Now the Sadrists and Sunnis have secured their goals, they may begin to think about future moves and their political consequences. If the CF and PUK end up joining the government, the Sadrists may have to seek a compromise between the KDP and PUK; particularly over the presidency. If all fails and the KDP end up withdrawing from the partnership, the Sadrists may still move on as they would not be affected.

The Bigger Picture vs the Narrow Tunnel

It is clear that none of the coalition partners, led by the Sadrists, were focused on the bigger picture. However, Sunni unity will inevitably serve their common cause, and the Shiite groups might finally compromise between themselves to avoid diluting their rule. Ironically, they might decide that allowing a new reformist style of governing, led by a strong-minded Shiite, may turn Iraq into a better country with stronger institutions that the Shiites could be proud of. In contrast, the rivalry among the Kurds has so far been disastrous and, if this continues, can pose an existential threat to the KRI as an entity.

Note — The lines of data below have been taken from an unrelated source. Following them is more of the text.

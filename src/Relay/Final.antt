-- ===== src/Relay/Final.antt =====
-- A client gets one reply: no later step changes it.
use smarthome_backend.Prelude.{
  ℕ, ◌≡◌, ◌∙◌, ap, ◌==◌, nat_Eq, string_Eq, nat_eq_iff, List, [], ◌∷◌, some, some-injective, arith,
  Bool-cases, inl, inr,
}
use smarthome_backend.Prelude.Dict.{lookup, lookup-insert}
use smarthome_backend.Relay.{Reply, replied, Relay, Event, step, run, initial}
use smarthome_backend.Relay.Changes.{
  rank, Change, same, moved, added, lookup-Moved, IsFresh, Change-IsFresh, step-Change, run-IsFresh,
  initial-IsFresh,
}
use smarthome_backend.Relay.Lock.{continue-eq-some}

Change-final :
    (s t : Relay) (c : ℕ) (r : Reply)
    → Change s t
    → IsFresh s
    → lookup c s.phases ≡ some (replied r)
    → lookup c t.phases ≡ some (replied r)
Change-final s t c r (same p n) h e = rw p e
Change-final s t c r (moved m) h e = elim (Bool-cases (m.client == c)) [
  | inl own ↦
      let old : some m.old ≡ some (replied r) = ground (arith, nat_eq_iff m.client c, m.before) in
      absurd (omega (arith, m.lower, ap rank (some-injective _ _ old)))
  | inr other ↦ lookup-Moved s t c m ∙ rw other e
]
Change-final s t c r (added x p n) h e =
    ground (arith, h c, lookup-insert s.next c x s.phases, nat_eq_iff s.next c)

pub run-final :
    (s u : Relay) (es : List Event) (c : ℕ) (r : Reply)
    → IsFresh s
    → lookup c s.phases ≡ some (replied r)
    → run s es ≡ some u
    → lookup c u.phases ≡ some (replied r)
unfolding run
run-final s u [] c r h e q = rw (← some-injective _ _ q) e
run-final s u (x ∷ es) c r h e q =
    let (t, first, rest) = continue-eq-some (step s x) (λ t. run t es) q in
    let change = step-Change s t x first in
    run-final t u es c r (Change-IsFresh s t change h) (Change-final s t c r change h e) rest

-- In every run from the initial state: once a client has got a reply, no later event changes or
-- removes it.
pub run-replied :
    (before after : List Event) (s u : Relay) (c : ℕ) (r : Reply)
    → run initial before ≡ some s
    → lookup c s.phases ≡ some (replied r)
    → run s after ≡ some u
    → lookup c u.phases ≡ some (replied r)
run-replied before after s u c r p e q =
    run-final s u after c r (run-IsFresh initial s before initial-IsFresh p) e q
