-- ===== src/Relay/Progress.antt =====
-- Every client comes to its reply: its handler takes two steps, and is held up by the lock only.
use smarthome_backend.Prelude.{
  ℕ, zero, suc, ◌+◌, ◌*◌, ◌≤◌, ◌≡◌, refl, ◌∙◌, ap, ◌==◌, nat_Eq, nat_eq_iff, true, inl, inr, List,
  [], ◌∷◌, Option, none, some, some-injective, Bool-cases, arith, ltb, if◌then◌else◌,
}
use smarthome_backend.Prelude.Dict.{lookup, insert}
use smarthome_backend.Relay.{
  Phase, sending, waiting, replied, Relay, Event, message, closed, request, enroll, timeout, step,
  run, initial,
}
use smarthome_backend.Relay.Lock.{continue-eq-some}
use smarthome_backend.Relay.Changes.{
  rank, Moved, Change, same, moved, added, lookup-Moved, lookup-added, IsFresh, Change-IsFresh,
  step-Change, enroll-Moved, timeout-Moved, initial-IsFresh,
}

abbrev rank_of : Option Phase → ℕ
rank_of none = 0
rank_of (some p) = rank p

-- The steps that the first `n` clients' handlers have still to take.
unfoldable owed : List (ℕ × Phase) → ℕ → ℕ
owed phases zero = 0
owed phases (suc n) = owed phases n + rank_of (lookup n phases)

-- The steps of clients' handlers among the events, after the one that the request itself is.
abbrev pub own : Event → ℕ
own (enroll client) = 1
own (timeout client) = 1
own _ = 0

unfoldable pub own_steps : List Event → ℕ
own_steps [] = 0
own_steps (e ∷ es) = own e + own_steps es

abbrev below : ℕ → ℕ → ℕ
below c n = if ltb c n then 1 else 0

abbrev here : ℕ → ℕ → ℕ
here c n = if c == n then 1 else 0

below-suc : (c n : ℕ) → below c (suc n) ≡ below c n + here c n
below-suc c n = ground (arith, nat_eq_iff c n)

rank-Moved :
    (s t : Relay) (m : Moved s t) (n : ℕ)
    → rank_of (lookup n t.phases) + here m.client n ≤ rank_of (lookup n s.phases)
rank-Moved s t m n = elim (Bool-cases (m.client == n)) [
  | inl same_client ↦
      let now : lookup n t.phases ≡ some m.new = lookup-Moved s t n m ∙ rw same_client refl in
      let then_ : lookup n s.phases ≡ some m.old =
        ground (arith, nat_eq_iff m.client n, m.before) in
      rw (now, then_, same_client) (omega (arith, m.lower))
  | inr other ↦ rw (lookup-Moved s t n m, other) (omega arith)
]

owed-Moved :
    (s t : Relay) (m : Moved s t) (n : ℕ) → owed t.phases n + below m.client n ≤ owed s.phases n
unfolding owed
owed-Moved s t m zero = ground arith
owed-Moved s t m (suc n) =
    omega (arith, owed-Moved s t m n, rank-Moved s t m n, below-suc m.client n)

owed-added :
    (s t : Relay) (p : Phase) (n : ℕ)
    → n ≤ s.next
    → t.phases ≡ insert s.next p s.phases
    → owed t.phases n ≡ owed s.phases n
unfolding owed
owed-added s t p zero h e = refl
owed-added s t p (suc n) h e =
    ground (arith, owed-added s t p n, lookup-added s t n p e, nat_eq_iff s.next n)

rank-le : (p : Phase) → rank p ≤ 2
rank-le (sending r) = omega arith
rank-le waiting = omega arith
rank-le (replied r) = omega arith

eq_true : (n : ℕ) → (n == n) ≡ true
eq_true n = (nat_eq_iff n n).1 refl

-- What has been done and what is owed comes to two steps for each client at most.
Change-owed :
    (s t : Relay)
    → Change s t
    → owed t.phases t.next + 2 * s.next ≤ owed s.phases s.next + 2 * t.next
unfolding owed
Change-owed s t (same p n) = rw (p, n) (omega arith)
Change-owed s t (moved m) = rw m.next (omega (arith, owed-Moved s t m s.next))
Change-owed s t (added p e n) =
    let last : lookup s.next t.phases ≡ some p =
      lookup-added s t s.next p e ∙ rw (eq_true s.next) refl in
    let n' : t.next ≡ suc s.next = omega (arith, n) in
    rw n' (omega (arith, owed-added s t p s.next (omega arith) e, ap rank_of last, rank-le p))

Moved-owed :
    (s t : Relay)
    → Moved s t
    → IsFresh s
    → 1 + owed t.phases t.next + 2 * s.next ≤ owed s.phases s.next + 2 * t.next
Moved-owed s t m f = elim (f m.client) [
  | inl (lt, p, e) ↦ rw m.next (ground (arith, owed-Moved s t m s.next))
  | inr (le, e) ↦ absurd (ground (arith, m.before))
]

step-owed :
    (s t : Relay) (e : Event)
    → step s e ≡ some t
    → IsFresh s
    → own e + owed t.phases t.next + 2 * s.next ≤ owed s.phases s.next + 2 * t.next
unfolding step
step-owed s t (enroll c) q f = omega (arith, Moved-owed s t (enroll-Moved s t c _ refl q) f)
step-owed s t (timeout c) q f = omega (arith, Moved-owed s t (timeout-Moved s t c _ refl q) f)
step-owed s t (message conn p) q f =
    omega (arith, Change-owed s t (step-Change s t (message conn p) q))
step-owed s t (closed conn) q f = omega (arith, Change-owed s t (step-Change s t (closed conn) q))
step-owed s t (request a r) q f = omega (arith, Change-owed s t (step-Change s t (request a r) q))

run-owed :
    (s u : Relay) (es : List Event)
    → run s es ≡ some u
    → IsFresh s
    → own_steps es + owed u.phases u.next + 2 * s.next ≤ owed s.phases s.next + 2 * u.next
unfolding run own_steps
run-owed s u [] q f = rw (some-injective _ _ q) (omega arith)
run-owed s u (e ∷ es) q f =
    let (t, first, rest) = continue-eq-some (step s e) (λ t. run t es) q in
    omega (
      arith,
      step-owed s t e first f,
      run-owed t u es rest (Change-IsFresh s t (step-Change s t e first) f),
    )

-- In every run from the initial state the handlers of the clients take, after the requests, together
-- at most twice as many steps as there are clients.
pub own_steps-run :
    (es : List Event) (u : Relay) → run initial es ≡ some u → own_steps es ≤ 2 * u.next
unfolding owed
own_steps-run es u q = omega (arith, run-owed initial u es q initial-IsFresh)
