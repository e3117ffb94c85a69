-- ===== src/Relay/Completion.antt =====
-- While the lock is free, the clients come to their replies without the help of an agent.
use smarthome_backend.Prelude.{
  All, All-append, ℕ, zero, suc, ◌*◌, ◌≤◌, String, ◌≡◌, refl, sym, ◌∙◌, ap, ◌==◌, nat_Eq, string_Eq,
  nat_eq_iff, false, ◌⊎◌, inl, inr, List, [], ◌∷◌, ◌++◌, some, some-injective, Bool-cases, arith,
}
use smarthome_backend.Prelude.Dict.{lookup, insert, lookup-insert}
use smarthome_backend.Relay.{
  Reply, timed_out, Phase, sending, waiting, replied, Relay, Event, enroll, timeout, on_enroll,
  on_timeout, step, run, initial,
}
use smarthome_backend.Relay.Lock.{continue-eq-some}
use smarthome_backend.Relay.Changes.{IsFresh, run-IsFresh, initial-IsFresh}
use smarthome_backend.Relay.Final.{run-final}
use smarthome_backend.Relay.Progress.{own, own_steps, own_steps-run}

-- Steps of clients' handlers lead from one state to another, where the lock is free.
record Finishes (s t : Relay) (es : List Event) : Type 0 where
  runs : run s es ≡ some t
  by_clients : All (λ e. own e ≡ 1) es
  free : t.locked ≡ false
  next : t.next ≡ s.next

run-append : (s t : Relay) (es fs : List Event) → run s es ≡ some t → run s (es ++ fs) ≡ run t fs
unfolding run
run-append s t [] fs q = ap (λ r. run r fs) (some-injective _ _ q)
run-append s t (e ∷ es) fs q =
    let (m, first, rest) = continue-eq-some (step s e) (λ t. run t es) q in
    rw first (run-append m t es fs rest)

Finishes-append :
    {s t u : Relay} {es fs : List Event}
    → Finishes s t es
    → Finishes t u fs
    → Finishes s u (es ++ fs)
Finishes-append {s} {t} {u} {es} {fs} h k = record {
  runs = run-append s t es fs h.runs ∙ k.runs;
  by_clients = All-append (λ e. own e ≡ 1) es fs h.by_clients k.by_clients;
  free = k.free;
  next = k.next ∙ h.next;
}

abbrev pub HasReply : Relay → ℕ → Type 0
HasReply s c = (r : Reply) × (lookup c s.phases ≡ some (replied r))

-- One client's handler.
time_out :
    (s : Relay) (c : ℕ)
    → s.locked ≡ false
    → lookup c s.phases ≡ some waiting
    → (t : Relay) × (es : List Event) × Finishes s t es × HasReply t c
unfolding run step on_timeout
time_out s c free h =
    let t : Relay = record s { phases = insert c (replied timed_out) s.phases } in
    (
      t,
      timeout c ∷ [],
      record { runs = rw h refl; by_clients = (refl, tt); free = free; next = refl },
      (timed_out, ground (arith, lookup-insert c c (replied timed_out) s.phases, nat_eq_iff c c)),
    )

pub run-cons :
    (s t : Relay) (e : Event) (es : List Event) → step s e ≡ some t → run s (e ∷ es) ≡ run t es
unfolding run
run-cons s t e es h = rw h refl

pub step-enroll :
    (s : Relay) (c : ℕ) (r : String)
    → s.locked ≡ false
    → lookup c s.phases ≡ some (sending r)
    → step s (enroll c)
      ≡ some (record s { pending = insert r c s.pending; phases = insert c waiting s.phases })
unfolding step on_enroll
step-enroll s c r free h = rw (h, free) refl

finish :
    (s : Relay) (c : ℕ) (p : Phase)
    → s.locked ≡ false
    → lookup c s.phases ≡ some p
    → (t : Relay) × (es : List Event) × Finishes s t es × HasReply t c
unfolding run
finish s c (sending r) free h =
    let t : Relay = record s {
      pending = insert r c s.pending;
      phases = insert c waiting s.phases;
    } in
    let (u, es, f, x) =
      time_out t c free (ground (arith, lookup-insert c c waiting s.phases, nat_eq_iff c c)) in
    (
      u,
      enroll c ∷ es,
      record {
        runs = run-cons s t (enroll c) es (step-enroll s c r free h) ∙ f.runs;
        by_clients = (refl, f.by_clients);
        free = f.free;
        next = f.next;
      },
      x,
    )
finish s c waiting free h = time_out s c free h
finish s c (replied r) free h =
    (s, [], record { runs = refl; by_clients = tt; free = free; next = refl }, (r, h))

-- The first `n` clients.
finish_all :
    (n : ℕ) (s : Relay)
    → n ≤ s.next
    → s.locked ≡ false
    → IsFresh s
    → (t : Relay) × (es : List Event) × Finishes s t es × ((c : ℕ) → (n ≤ c) ⊎ HasReply t c)
unfolding run
finish_all zero s le free f = (
  s,
  [],
  record { runs = refl; by_clients = tt; free = free; next = refl },
  λ c. inl (omega arith),
)
finish_all (suc n) s le free f =
    let (t, es, h, all) = finish_all n s (omega (arith, le)) free f in
    let f' = run-IsFresh s t es f h.runs in
    elim (f' n) [
      | inl (lt, p, e) ↦
          let (u, fs, k, x) = finish t n p h.free e in
          (
            u,
            es ++ fs,
            Finishes-append h k,
            λ c. elim (Bool-cases (n == c)) [
              | inl same ↦
                  inr (x.0, ap (λ i. lookup i u.phases) (sym ((nat_eq_iff n c).0 same)) ∙ x.1)
              | inr other ↦ elim (all c) [
                | inl beyond ↦ inl (ground (arith, nat_eq_iff n c))
                | inr (r', x') ↦ inr (r', run-final t u fs c r' f' x' k.runs)
              ]
            ],
          )
      | inr (over, e) ↦ absurd (omega (arith, over, le, h.next))
    ]

-- Every run from the initial state at whose end the lock of the pending requests is free can be gone
-- on with by steps of the clients' handlers alone, at whose end every client has a reply and the lock
-- is free; in the whole run these handlers take, after the requests, together at most twice as many
-- steps as there are clients.
pub run-completes :
    (es : List Event) (s : Relay)
    → run initial es ≡ some s
    → s.locked ≡ false
    → (t : Relay) × (more : List Event) × (run s more ≡ some t)
      × All (λ e. own e ≡ 1) more
      × (t.locked ≡ false)
      × (own_steps (es ++ more) ≤ 2 * s.next)
      × ((c : ℕ) → (s.next ≤ c) ⊎ HasReply t c)
run-completes es s q free =
    let (t, more, h, all) =
      finish_all s.next s (omega arith) free (run-IsFresh initial s es initial-IsFresh q) in
    (
      t,
      more,
      h.runs,
      h.by_clients,
      h.free,
      omega (arith, own_steps-run (es ++ more) t (run-append initial s es more q ∙ h.runs), h.next),
      all,
    )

Previously, before and after elections, the KDP and PUK would exchange highly reassuring messages, emphasising unity both at home and in Baghdad. Unfortunately, the exact opposite has now happened. The two parties appear to have lost sight of the bigger picture and are marching down a narrow tunnel towards an even more damaging internal rivalry. Some fear this may ultimately lead to a total split in the Kurdistan Region’s administration. However, all is not lost and such scenarios are not inevitable. The KDP and PUK are accustomed to a complicated multi-level dynamic between them, often compartmentalising their various levels of engagements. Cooperating where their mutual interests are best served, whilst engaging in fierce rivalry elsewhere.

It is important to re-emphasise that the Iraqi elections have brought about a new opportunity for the KRI to transform Baghdad-Erbil relations. If they address the root-causes of the issues that lie in Baghdad, they may provide the solutions for it in the future. Crucially, the international partners are keen to facilitate negotiations and to emphasise their wish to support a united and more stable Kurdistan that can act as an effective partner in Baghdad.

Taken together, it is not too late for the KDP and PUK to calm this intense rivalry in Baghdad and engage in a serious and constructive negotiations for a win-win outcome. They should refocus on the bigger picture, reach a new strategic agreement and join efforts to achieve their common goals in Baghdad.